▶ _Data section_:
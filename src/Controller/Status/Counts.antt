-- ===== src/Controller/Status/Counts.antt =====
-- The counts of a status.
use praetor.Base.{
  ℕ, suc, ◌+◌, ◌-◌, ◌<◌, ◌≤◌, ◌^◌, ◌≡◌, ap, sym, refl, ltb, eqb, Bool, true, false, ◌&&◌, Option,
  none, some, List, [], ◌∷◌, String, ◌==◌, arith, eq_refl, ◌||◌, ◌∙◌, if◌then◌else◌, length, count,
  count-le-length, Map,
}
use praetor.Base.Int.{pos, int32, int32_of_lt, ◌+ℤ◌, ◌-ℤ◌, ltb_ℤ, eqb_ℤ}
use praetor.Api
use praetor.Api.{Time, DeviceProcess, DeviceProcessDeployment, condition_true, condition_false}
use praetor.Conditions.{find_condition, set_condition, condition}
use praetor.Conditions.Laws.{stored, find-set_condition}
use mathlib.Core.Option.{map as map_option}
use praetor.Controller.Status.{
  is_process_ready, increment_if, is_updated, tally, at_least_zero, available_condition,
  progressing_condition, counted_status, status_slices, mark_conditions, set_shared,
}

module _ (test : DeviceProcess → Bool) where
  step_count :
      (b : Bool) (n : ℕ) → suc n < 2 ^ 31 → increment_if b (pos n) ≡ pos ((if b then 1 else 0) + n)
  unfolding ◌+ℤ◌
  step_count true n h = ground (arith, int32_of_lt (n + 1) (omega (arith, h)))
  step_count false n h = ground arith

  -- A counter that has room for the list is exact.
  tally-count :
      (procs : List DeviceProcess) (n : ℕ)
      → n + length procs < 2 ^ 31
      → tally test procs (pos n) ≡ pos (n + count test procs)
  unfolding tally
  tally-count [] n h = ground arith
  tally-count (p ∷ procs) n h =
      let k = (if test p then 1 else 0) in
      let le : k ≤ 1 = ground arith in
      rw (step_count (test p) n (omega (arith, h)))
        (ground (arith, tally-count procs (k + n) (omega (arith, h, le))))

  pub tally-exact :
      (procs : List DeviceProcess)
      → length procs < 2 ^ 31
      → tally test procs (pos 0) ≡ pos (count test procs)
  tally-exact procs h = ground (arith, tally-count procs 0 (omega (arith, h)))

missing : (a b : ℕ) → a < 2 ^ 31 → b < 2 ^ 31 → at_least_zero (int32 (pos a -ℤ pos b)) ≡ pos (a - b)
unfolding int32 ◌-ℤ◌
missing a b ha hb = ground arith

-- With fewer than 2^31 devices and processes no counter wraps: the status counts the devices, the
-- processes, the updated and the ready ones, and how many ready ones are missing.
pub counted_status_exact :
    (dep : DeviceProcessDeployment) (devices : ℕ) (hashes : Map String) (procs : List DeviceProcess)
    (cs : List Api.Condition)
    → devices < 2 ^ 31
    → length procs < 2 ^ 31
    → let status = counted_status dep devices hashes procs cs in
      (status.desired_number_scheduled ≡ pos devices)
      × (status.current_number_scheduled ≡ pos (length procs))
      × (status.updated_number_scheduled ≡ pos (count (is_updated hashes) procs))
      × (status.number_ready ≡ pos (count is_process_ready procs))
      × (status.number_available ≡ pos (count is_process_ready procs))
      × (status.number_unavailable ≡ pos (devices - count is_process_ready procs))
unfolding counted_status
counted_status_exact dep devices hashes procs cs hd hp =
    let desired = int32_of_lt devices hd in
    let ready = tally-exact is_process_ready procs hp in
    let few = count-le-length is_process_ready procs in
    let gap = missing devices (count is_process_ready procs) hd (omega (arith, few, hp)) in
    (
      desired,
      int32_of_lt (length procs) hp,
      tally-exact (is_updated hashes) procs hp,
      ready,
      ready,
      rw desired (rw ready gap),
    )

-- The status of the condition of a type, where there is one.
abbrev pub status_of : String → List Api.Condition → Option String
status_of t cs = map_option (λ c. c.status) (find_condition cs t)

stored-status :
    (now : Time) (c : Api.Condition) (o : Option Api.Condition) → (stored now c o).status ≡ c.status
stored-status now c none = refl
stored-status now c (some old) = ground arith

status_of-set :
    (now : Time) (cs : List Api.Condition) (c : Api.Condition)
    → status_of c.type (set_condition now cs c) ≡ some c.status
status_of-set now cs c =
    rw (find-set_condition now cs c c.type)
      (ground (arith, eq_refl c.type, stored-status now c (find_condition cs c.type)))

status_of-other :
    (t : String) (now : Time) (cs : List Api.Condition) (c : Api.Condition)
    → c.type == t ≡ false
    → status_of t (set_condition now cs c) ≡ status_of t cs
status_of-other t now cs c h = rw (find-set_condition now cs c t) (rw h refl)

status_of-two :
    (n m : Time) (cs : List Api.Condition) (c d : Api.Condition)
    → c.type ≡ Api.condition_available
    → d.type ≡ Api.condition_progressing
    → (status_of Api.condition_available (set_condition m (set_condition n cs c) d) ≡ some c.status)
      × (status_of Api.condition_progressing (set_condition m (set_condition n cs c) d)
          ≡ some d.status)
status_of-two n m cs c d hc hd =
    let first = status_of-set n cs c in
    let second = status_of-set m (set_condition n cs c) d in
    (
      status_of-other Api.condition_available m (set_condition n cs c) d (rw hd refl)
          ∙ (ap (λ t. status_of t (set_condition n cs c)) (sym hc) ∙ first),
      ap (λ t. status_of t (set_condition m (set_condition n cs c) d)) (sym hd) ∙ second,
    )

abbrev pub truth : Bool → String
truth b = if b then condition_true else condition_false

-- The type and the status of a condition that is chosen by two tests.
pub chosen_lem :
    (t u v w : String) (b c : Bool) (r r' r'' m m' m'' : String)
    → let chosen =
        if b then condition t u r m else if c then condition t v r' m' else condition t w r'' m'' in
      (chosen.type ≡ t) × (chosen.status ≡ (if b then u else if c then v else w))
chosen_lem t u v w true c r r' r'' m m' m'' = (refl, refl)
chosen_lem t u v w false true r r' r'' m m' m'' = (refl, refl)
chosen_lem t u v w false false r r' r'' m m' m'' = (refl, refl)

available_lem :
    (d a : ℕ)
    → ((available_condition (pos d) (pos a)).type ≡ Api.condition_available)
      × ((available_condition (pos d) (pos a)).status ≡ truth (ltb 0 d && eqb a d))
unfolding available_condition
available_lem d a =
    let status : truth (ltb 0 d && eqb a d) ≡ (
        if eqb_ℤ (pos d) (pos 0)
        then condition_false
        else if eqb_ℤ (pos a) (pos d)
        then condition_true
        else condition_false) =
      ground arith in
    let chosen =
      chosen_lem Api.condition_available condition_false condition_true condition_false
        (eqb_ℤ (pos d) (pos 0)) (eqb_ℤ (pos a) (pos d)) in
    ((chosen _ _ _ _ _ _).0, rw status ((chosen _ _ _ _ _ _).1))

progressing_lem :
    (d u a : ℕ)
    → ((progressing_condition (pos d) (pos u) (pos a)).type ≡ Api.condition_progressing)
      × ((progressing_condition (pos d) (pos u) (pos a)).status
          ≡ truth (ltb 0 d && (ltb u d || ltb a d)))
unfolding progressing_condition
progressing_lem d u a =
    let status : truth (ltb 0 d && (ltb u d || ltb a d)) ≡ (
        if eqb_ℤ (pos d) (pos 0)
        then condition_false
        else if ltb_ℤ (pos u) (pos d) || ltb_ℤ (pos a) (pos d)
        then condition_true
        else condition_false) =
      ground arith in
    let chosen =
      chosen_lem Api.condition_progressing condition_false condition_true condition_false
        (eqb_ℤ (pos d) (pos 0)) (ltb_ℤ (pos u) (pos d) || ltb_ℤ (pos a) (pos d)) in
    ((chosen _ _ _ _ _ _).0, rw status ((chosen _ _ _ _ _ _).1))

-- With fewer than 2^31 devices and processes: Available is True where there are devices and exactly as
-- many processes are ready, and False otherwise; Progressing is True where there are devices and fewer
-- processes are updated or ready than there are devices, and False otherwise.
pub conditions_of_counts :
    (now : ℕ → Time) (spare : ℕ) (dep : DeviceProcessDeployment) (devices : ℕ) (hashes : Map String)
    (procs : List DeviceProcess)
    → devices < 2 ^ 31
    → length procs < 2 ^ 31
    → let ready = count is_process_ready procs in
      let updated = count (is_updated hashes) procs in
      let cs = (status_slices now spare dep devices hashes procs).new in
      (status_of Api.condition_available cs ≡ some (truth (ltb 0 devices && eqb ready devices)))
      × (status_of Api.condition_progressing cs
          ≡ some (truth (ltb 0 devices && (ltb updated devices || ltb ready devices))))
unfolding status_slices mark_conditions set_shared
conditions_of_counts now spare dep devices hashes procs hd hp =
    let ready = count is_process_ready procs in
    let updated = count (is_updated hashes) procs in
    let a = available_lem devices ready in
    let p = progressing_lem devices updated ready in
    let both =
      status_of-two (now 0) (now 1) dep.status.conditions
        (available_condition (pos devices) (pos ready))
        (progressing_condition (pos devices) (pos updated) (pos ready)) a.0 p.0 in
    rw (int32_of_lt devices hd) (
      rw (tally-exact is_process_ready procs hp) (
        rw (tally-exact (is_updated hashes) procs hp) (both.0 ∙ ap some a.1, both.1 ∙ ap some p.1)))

---

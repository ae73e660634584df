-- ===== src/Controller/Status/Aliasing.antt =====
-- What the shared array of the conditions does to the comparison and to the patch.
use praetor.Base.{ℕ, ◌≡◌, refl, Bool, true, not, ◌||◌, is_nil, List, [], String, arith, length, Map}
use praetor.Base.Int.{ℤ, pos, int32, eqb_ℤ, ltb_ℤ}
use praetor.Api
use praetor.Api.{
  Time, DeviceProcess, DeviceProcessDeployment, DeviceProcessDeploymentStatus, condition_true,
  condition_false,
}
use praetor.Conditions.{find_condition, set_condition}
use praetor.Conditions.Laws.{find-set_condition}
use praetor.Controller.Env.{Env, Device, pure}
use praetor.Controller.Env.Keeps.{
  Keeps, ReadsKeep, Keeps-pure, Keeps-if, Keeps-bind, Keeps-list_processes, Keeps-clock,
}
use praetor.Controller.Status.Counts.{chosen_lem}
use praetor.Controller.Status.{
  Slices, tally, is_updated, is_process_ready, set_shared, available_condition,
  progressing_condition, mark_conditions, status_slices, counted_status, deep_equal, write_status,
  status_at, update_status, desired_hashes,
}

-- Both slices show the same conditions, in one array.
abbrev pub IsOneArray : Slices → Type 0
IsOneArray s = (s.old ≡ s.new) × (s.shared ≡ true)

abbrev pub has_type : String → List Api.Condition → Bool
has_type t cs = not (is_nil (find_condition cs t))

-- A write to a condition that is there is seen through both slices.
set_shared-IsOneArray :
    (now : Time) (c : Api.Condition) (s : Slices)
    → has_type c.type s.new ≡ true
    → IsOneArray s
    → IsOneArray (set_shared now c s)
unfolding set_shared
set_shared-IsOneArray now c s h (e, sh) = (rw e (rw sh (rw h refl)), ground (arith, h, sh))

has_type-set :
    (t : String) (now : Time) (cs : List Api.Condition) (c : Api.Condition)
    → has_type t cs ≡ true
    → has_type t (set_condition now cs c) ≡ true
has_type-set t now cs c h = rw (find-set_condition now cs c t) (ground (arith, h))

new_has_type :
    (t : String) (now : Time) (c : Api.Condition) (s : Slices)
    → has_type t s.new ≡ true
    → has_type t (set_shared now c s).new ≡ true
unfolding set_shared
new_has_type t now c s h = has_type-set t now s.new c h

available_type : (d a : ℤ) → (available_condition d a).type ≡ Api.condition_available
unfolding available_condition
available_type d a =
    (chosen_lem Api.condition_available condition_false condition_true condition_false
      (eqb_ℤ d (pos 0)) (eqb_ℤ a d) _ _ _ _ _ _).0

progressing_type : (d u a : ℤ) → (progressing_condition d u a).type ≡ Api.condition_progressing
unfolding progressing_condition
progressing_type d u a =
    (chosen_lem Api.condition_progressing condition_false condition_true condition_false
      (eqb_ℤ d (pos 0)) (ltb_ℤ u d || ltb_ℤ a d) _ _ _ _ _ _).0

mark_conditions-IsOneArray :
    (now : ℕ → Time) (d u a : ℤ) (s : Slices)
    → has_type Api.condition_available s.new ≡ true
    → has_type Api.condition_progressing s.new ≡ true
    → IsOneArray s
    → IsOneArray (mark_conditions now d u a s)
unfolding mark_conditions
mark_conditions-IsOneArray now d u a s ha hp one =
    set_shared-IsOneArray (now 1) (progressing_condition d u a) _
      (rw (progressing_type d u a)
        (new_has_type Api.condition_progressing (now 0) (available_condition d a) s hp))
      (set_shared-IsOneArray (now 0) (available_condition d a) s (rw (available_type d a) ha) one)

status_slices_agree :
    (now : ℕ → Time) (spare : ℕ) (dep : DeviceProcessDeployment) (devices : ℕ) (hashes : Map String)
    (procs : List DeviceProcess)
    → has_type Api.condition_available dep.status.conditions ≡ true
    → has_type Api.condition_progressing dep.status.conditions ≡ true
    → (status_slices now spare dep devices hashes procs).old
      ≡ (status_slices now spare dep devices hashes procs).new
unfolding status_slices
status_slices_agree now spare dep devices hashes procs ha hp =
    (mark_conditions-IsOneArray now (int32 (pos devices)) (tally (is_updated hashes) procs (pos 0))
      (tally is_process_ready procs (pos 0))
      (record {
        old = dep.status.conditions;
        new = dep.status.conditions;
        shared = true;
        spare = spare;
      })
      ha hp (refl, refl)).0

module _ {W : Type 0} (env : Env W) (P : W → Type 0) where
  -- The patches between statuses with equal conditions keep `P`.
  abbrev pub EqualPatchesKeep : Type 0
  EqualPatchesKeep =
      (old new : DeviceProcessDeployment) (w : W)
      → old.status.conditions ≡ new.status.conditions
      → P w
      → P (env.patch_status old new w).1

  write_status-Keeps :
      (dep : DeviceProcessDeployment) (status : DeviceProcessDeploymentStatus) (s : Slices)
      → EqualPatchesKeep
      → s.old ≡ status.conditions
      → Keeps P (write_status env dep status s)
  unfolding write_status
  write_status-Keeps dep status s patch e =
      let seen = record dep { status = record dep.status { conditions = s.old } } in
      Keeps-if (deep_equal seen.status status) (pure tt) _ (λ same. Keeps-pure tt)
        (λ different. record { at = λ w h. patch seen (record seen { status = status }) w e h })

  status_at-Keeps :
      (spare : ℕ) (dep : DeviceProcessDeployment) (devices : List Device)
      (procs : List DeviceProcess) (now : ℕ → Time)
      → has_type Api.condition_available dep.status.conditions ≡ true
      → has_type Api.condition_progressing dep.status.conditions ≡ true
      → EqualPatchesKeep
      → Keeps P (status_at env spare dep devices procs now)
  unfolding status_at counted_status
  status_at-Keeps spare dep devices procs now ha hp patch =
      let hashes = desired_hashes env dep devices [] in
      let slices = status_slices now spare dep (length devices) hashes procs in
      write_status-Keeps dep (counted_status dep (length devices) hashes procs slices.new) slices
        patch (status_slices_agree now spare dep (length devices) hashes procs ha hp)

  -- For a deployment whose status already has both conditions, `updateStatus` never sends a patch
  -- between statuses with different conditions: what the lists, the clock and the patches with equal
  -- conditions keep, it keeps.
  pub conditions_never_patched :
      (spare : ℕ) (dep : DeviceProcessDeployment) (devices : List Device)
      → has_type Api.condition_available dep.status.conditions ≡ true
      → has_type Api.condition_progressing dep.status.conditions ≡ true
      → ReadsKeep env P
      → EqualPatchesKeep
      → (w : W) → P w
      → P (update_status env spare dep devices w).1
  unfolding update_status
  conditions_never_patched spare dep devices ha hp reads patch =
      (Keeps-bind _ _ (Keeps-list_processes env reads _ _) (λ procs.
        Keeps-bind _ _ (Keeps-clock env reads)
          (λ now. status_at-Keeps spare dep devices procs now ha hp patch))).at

▶ _About this task_: Your answer should consist of each line of the data above in which the word "missing" occurs.

▶ _Response to this exercise_:
missing : (a b : ℕ) → a < 2 ^ 31 → b < 2 ^ 31 → at_least_zero (int32 (pos a -ℤ pos b)) ≡ pos (a - b)
missing a b ha hb = ground arith
-- processes, the updated and the ready ones, and how many ready ones are missing.
    let gap = missing devices (count is_process_ready procs) hd (omega (arith, few, hp)) in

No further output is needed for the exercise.